Homework 4: Spelling Correction

Due: March 24, 2016

Problem 1 (8 points)

An automatic spelling corrector detects “beeds” as a typo in a document. Generate candidate corrections according to the following edits (one per type of edit):

(a) using one deletion

(b) using one substitution

Also, do the following:

(d) give two candidates that are at least two edits of any kind (and not more that two edits) from beeds.

Problem 2 (30 points)

Calculate the minimum edit distance from the string korekt to both of the following words:

correct
kraken

Use only insertions, deletions, and substitutions. The costs you should use are as follows:

insertions: cost 1
deletions: cost 1
substitutions
no change (e.g. a→a, t→t) : cost 0
vowel → vowel: cost 0.5
consonant → constant: cost 0.5
vowel → consonant: cost 1
consonant → vowel: cost 1

For each of the pairs, write down:

the minimum edit distance, and
the acyclic graph which you use to calculate the minimum edit distance, with annotated costs for each node.

You do not need to include the string representation for each node in the graph (like “to|nw”), but feel free to include it if it is helpful to you.

Don’t try to cram both graphs onto a single page – use a full page for each pair and give yourself plenty of space to write.

Problem 3 (12 points)

Consider the following (well-known) text:

would you eat them in a box ? would you eat them with a fox ? not in a box . not with a fox . not in a house . not with a mouse .

Given this text, and ignoring punctuation, what are the values for the following:

(a) P(not)

(b) P(box)

(d) P(box|in,a) (the probability of box given that the previous word is a, and that the word two before it is in)

Note: this is a very simple, easy problem, so don’t overthink it. Look at the slides and it has the same structure as what you see there. The point is that these probabilities really are just coming from counting stuff!

Problem 4 (30 points)

You are building a spelling corrector for English and have already built an excellent error detection component. You are given the following sentence:

Probably no legendary sea monster was as horrifying as the great korekt.

The detector spots “korekt” as a typo.

You also have a candidate generator that gives you three candidates as possible corrections: correct, kraken, and carrot. Now you need to rank these candidates by using a model trained from data (given below).

You are given a corpus of text which has the following counts:

18,933 word tokens
126 tokens of correct
20 tokens of kraken
25 tokens of carrot

Also assume that we know the following from an error model:

P(korekt | correct) = .025
P(korekt | kraken) = .008
P(korekt | carrot) = .034

(a) (15 points) Rank the candidates from most likely to least likely, assuming that we calculate P(candidate=x|typo=korekt) using a unigram language model based on the above training material? Show your work, and the values for each candidate.
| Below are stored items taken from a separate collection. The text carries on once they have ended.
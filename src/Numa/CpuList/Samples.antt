-- ===== src/Numa/CpuList/Samples.antt =====
-- The examples of the doc strings, and texts that are refused.
use nodepilot.Common.{◌≡◌, refl, ◌∷◌, [], ok, err, value_error}
use nodepilot.Common.Text.{codes, strip, split_on, split_once, join, is_empty}
use nodepilot.Common.Decimal.{int, decimal}
use nodepilot.Numa.Cores.{update, range}
use nodepilot.Numa.CpuList.{parse_cpu_list, format_cpu_list}

parse_samples :
    (parse_cpu_list (codes "0-3,8,12-13") ≡ ok (0 ∷ 1 ∷ 2 ∷ 3 ∷ 8 ∷ 12 ∷ 13 ∷ []))
    × (parse_cpu_list (codes " 5, ,2 ") ≡ ok (2 ∷ 5 ∷ []))
    × (parse_cpu_list (codes "  ") ≡ ok [])
    × (parse_cpu_list (codes "3-1") ≡ err value_error)
    × (parse_cpu_list (codes "-4") ≡ err value_error)
    × (parse_cpu_list (codes "1-2-3") ≡ err value_error)
unfolding parse_cpu_list strip split_on split_once is_empty int update range
parse_samples = (refl, refl, refl, refl, refl, refl)

format_sample : format_cpu_list (8 ∷ 2 ∷ 0 ∷ 1 ∷ 2 ∷ 3 ∷ []) ≡ codes "0-3,8"
unfolding format_cpu_list join decimal update
format_sample = refl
(b) (15 points) The unigram model doesn’t use the context of the sentence to choose the best candidate. Let’s make it more sensitive to context by using a bigram language model, which for the above sentence means computing:

P(candidate=x|typo=korekt,previous_word=great)
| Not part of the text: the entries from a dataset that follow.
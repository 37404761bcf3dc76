-- ===== src/Numa/Topology/Nodes.antt =====
-- What detect of nodepilot/numa.py returns.
use nodepilot.Common.{
  ℕ, ◌≡◌, ◌≢◌, ◌∙◌, inl, inr, List, [], ◌∷◌, Option, none, some, arith, ◌==◌, All, All-imp,
  Bool-cases, length, ◌<◌,
}
use nodepilot.Common.Text.{Text}
use nodepilot.Common.Sort.{AllPairs}
use nodepilot.Host.{Host}
use nodepilot.Numa.Topology.{
  sys_node, put_node, collect_nodes, node_index, node_spec, sysfs_nodes, or_one_node, detect,
}

abbrev Apart : ℕ × Text → ℕ × Text → Type 0
Apart a b = a.0 ≢ b.0

put_node-All :
    (P : ℕ → Type 0) (idx : ℕ) (spec : Text) (nodes : List (ℕ × Text))
    → P idx
    → All (λ n. P n.0) nodes
    → All (λ n. P n.0) (put_node idx spec nodes)
unfolding put_node
put_node-All P idx spec [] p h = (p, tt)
put_node-All P idx spec ((k, s) ∷ nodes) p h = elim (Bool-cases (k == idx)) [
  | inl same ↦ rw same (p, h.1)
  | inr other ↦ rw other (h.0, put_node-All P idx spec nodes p h.1)
]

put_node-AllPairs :
    (idx : ℕ) (spec : Text) (nodes : List (ℕ × Text))
    → AllPairs Apart nodes
    → AllPairs Apart (put_node idx spec nodes)
unfolding put_node
put_node-AllPairs idx spec [] h = (tt, tt)
put_node-AllPairs idx spec ((k, s) ∷ nodes) h = elim (Bool-cases (k == idx)) [
  | inl same ↦
      let e : k ≡ idx = ground arith in
      rw same (All-imp (Apart (k, s)) (Apart (idx, spec)) (λ n ne e'. ne (e ∙ e')) nodes h.0, h.1)
  | inr other ↦ rw other (
    put_node-All (λ i. k ≢ i) idx spec nodes (λ e. ground arith) h.0,
    put_node-AllPairs idx spec nodes h.1,
  )
]

collect_nodes-AllPairs :
    (h : Host) (names : List Text) (nodes : List (ℕ × Text))
    → AllPairs Apart nodes
    → AllPairs Apart (collect_nodes h names nodes)
unfolding collect_nodes
collect_nodes-AllPairs h [] nodes p = p
collect_nodes-AllPairs h (name ∷ names) nodes p =
    collect_nodes-AllPairs h names _ (one (node_index name))
  where
    one :
        (i : Option ℕ)
        → AllPairs Apart (elim i [
          | none ↦ nodes
          | some idx ↦ elim (node_spec h name) [
            | none ↦ nodes
            | some spec ↦ put_node idx spec nodes
          ]
        ])
    one none = p
    one (some idx) = two idx (node_spec h name)
      where
        two :
            (idx : ℕ) (s : Option Text)
            → AllPairs Apart (elim s [ none ↦ nodes | some spec ↦ put_node idx spec nodes ])
        two idx none = p
        two idx (some spec) = put_node-AllPairs idx spec nodes p

or_one_node_lem :
    (nodes : List (ℕ × Text)) (cpus : List ℕ)
    → AllPairs Apart nodes
    → (0 < length (or_one_node nodes cpus)) × AllPairs Apart (or_one_node nodes cpus)
unfolding or_one_node
or_one_node_lem [] cpus p = (omega arith, (tt, tt))
or_one_node_lem (n ∷ ns) cpus p = (omega arith, p)

sysfs_nodes-AllPairs : (h : Host) → AllPairs Apart (sysfs_nodes h)
unfolding sysfs_nodes
sysfs_nodes-AllPairs h = elim (Bool-cases (h.is_dir sys_node)) [
  | inl there ↦ rw there (collect_nodes-AllPairs h _ [] tt)
  | inr missing ↦ rw missing tt
]

-- Whatever sysfs holds, the detected topology has at least one node, and no index twice.
pub detect_lem : (h : Host) → (0 < length (detect h)) × AllPairs (λ a b. a.0 ≢ b.0) (detect h)
unfolding detect
detect_lem h = or_one_node_lem (sysfs_nodes h) _ (sysfs_nodes-AllPairs h)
In our training material, we observe the following:

great occurs 1013 times
correct occurs after great 3 times
kraken occurs after great 19 times
carrot occurs after great 2 time

Using the bigram probabilities for each candidate being preceded by great, which is the best candidate? Show your work and the values for each candidate.

Note: Use the same error model probabilities for this calculation as you used for (a).

Problem 6 (20 points)

Automatic spelling correction can be used in many different contexts, and the balance between precision and recall might be quite different for them. Consider the two following uses:

A search engine uses automatic spelling correction on web pages before it indexes them so that people searching for terms can find them even when the author of the web page misspells those terms. (So, this doesn’t change the web page itself obviously, but it changes the words that the search engine stores in its index as being relevant to that page.)
A phone doesn’t perform interactive real-time spelling correction as the user is creating a text message but can automatically correct the message after it is typed and is being sent. (So, the user cannot correct any errors introduced by the spelling corrector.)

Assume that these spelling correctors can choose not to fix some words that they have detected as typos; that is, they can abstain when they have low confidence in their possible candidate corrections. Discuss whether precision or recall is more important for each case. If precision is more important, discuss which how the kind of error (see the slides) would influence whether the classifier should abstain (not make a correction) or not.